- EXCERPTED RECORDS
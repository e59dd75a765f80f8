-- ===== src/Weaver/Tracing/Laws.antt =====
-- A trace is what the calls that name it make of it.
use dash_fabric.Base.{
  ◌≡◌, refl, sym, ◌∙◌, ap, List, [], ◌∷◌, ◌++◌, Option, none, some, Bytes, bytes_eq, bytes_beq_iff,
  if◌then◌else◌, ◌==◌, arith, Bool-cases, inl, inr, false, subst,
}
use dash_fabric.Base.Map.{lookup, insert, lookup-insert}
use dash_fabric.Base.Int.{pos, since}
use dash_fabric.Weaver.Tracing.{
  unknown, Trace, Manager, new_manager, new_trace, change, finished, tagged, logged, start_trace,
  end_trace, add_tag, add_log, get_trace, clear, Call, start, finish, tag, log, clear_all, step,
  run,
}

module _ {V F : Type 0} where
  -- The trace `i` alone, after a call: a start of `i` makes it anew, an end, a tag or a log of `i`
  -- changes it if it is there, a Clear removes it, and no call of another trace matters.
  abbrev pub map_trace : (Trace V F → Trace V F) → Option (Trace V F) → Option (Trace V F)
  map_trace f none = none
  map_trace f (some t) = some (f t)

  abbrev pub life_step : Bytes → Option (Trace V F) → Call V F → Option (Trace V F)
  life_step i t (start j span_id operation now) =
      if j == i
      then some (record {
        trace_id = j;
        span_id = span_id;
        parent_span_id = [];
        operation = operation;
        start_time = now;
        end_time = none;
        duration = pos 0;
        tags = [];
        logs = [];
        status = unknown;
        error_message = [];
      })
      else t
  life_step i t (finish j status err_msg now) =
      if j == i
      then map_trace
          (λ x. record x {
            end_time = some now;
            duration = since now x.start_time;
            status = status;
            error_message = err_msg;
          })
          t
      else t
  life_step i t (tag j key value) =
      if j == i then map_trace (λ x. record x { tags = insert key value x.tags }) t else t
  life_step i t (log j fields now) =
      if j == i
      then map_trace
          (λ x. record x { logs = x.logs ++ (record { timestamp = now; fields = fields }) ∷ [] }) t
      else t
  life_step i t clear_all = none

  abbrev pub life : Bytes → Option (Trace V F) → List (Call V F) → Option (Trace V F)
  life i t [] = t
  life i t (c ∷ cs) = life i (life_step i t c) cs

  lookup-change_other :
      (f : Trace V F → Trace V F) (tm : Manager V F) (i j : Bytes) (o : Option (Trace V F))
      → (j == i) ≡ false
      → lookup i (change f tm j o) ≡ lookup i tm
  lookup-change_other f tm i j none h = refl
  lookup-change_other f tm i j (some t) h = ground (arith, lookup-insert j i (f t) tm)

  lookup-change_self :
      (f : Trace V F → Trace V F) (tm : Manager V F) (i : Bytes) (o : Option (Trace V F))
      → lookup i tm ≡ o
      → lookup i (change f tm i o) ≡ map_trace f o
  lookup-change_self f tm i none h = h
  lookup-change_self f tm i (some t) h =
      ground (arith, lookup-insert i i (f t) tm, bytes_beq_iff i i)

  lookup-change :
      (f : Trace V F → Trace V F) (tm : Manager V F) (i j : Bytes)
      → lookup i (change f tm j (lookup j tm))
        ≡ (if j == i then map_trace f (lookup i tm) else lookup i tm)
  lookup-change f tm i j = elim (Bool-cases (j == i)) [
    | inl e ↦ rw e (
        subst (λ k. lookup i (change f tm k (lookup k tm)) ≡ map_trace f (lookup i tm))
          (sym ((bytes_beq_iff j i).0 e)) (lookup-change_self f tm i (lookup i tm) refl))
    | inr e ↦ rw e (lookup-change_other f tm i j (lookup j tm) e)
  ]

  lookup-step :
      (tm : Manager V F) (i : Bytes) (c : Call V F)
      → lookup i (step tm c) ≡ life_step i (lookup i tm) c
  unfolding step start_trace end_trace add_tag add_log clear lookup
  lookup-step tm i (start j s o now) = lookup-insert j i (new_trace j s o now) tm
  lookup-step tm i (finish j s m now) = lookup-change (finished s m now) tm i j
  lookup-step tm i (tag j k x) = lookup-change (tagged k x) tm i j
  lookup-step tm i (log j f now) = lookup-change (logged f now) tm i j
  lookup-step tm i clear_all = refl

  lookup-run :
      (tm : Manager V F) (i : Bytes) (cs : List (Call V F))
      → lookup i (run tm cs) ≡ life i (lookup i tm) cs
  unfolding run
  lookup-run tm i [] = refl
  lookup-run tm i (c ∷ cs) =
      lookup-run (step tm c) i cs ∙ ap (λ t. life i t cs) (lookup-step tm i c)

  -- After any calls on a new manager GetTrace has, for each identifier, what the calls that name it
  -- and those of Clear make of it: the last start of it that no Clear follows gives a new trace, which
  -- each later end, tag and log of it changes; calls before a start are lost, and calls of other
  -- traces do not matter.
  pub get-run :
      (i : Bytes) (cs : List (Call V F)) → get_trace (run new_manager cs) i ≡ life i none cs
  unfolding get_trace new_manager lookup
  get-run i cs = lookup-run new_manager i cs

- TASK DESCRIPTION
All lines above with the word "none" need to be reported.

- SOLUTION
  ◌≡◌, refl, sym, ◌∙◌, ap, List, [], ◌∷◌, ◌++◌, Option, none, some, Bytes, bytes_eq, bytes_beq_iff,
  map_trace f none = none
        end_time = none;
  life_step i t clear_all = none
  lookup-change_other f tm i j none h = refl
  lookup-change_self f tm i none h = h
      (i : Bytes) (cs : List (Call V F)) → get_trace (run new_manager cs) i ≡ life i none cs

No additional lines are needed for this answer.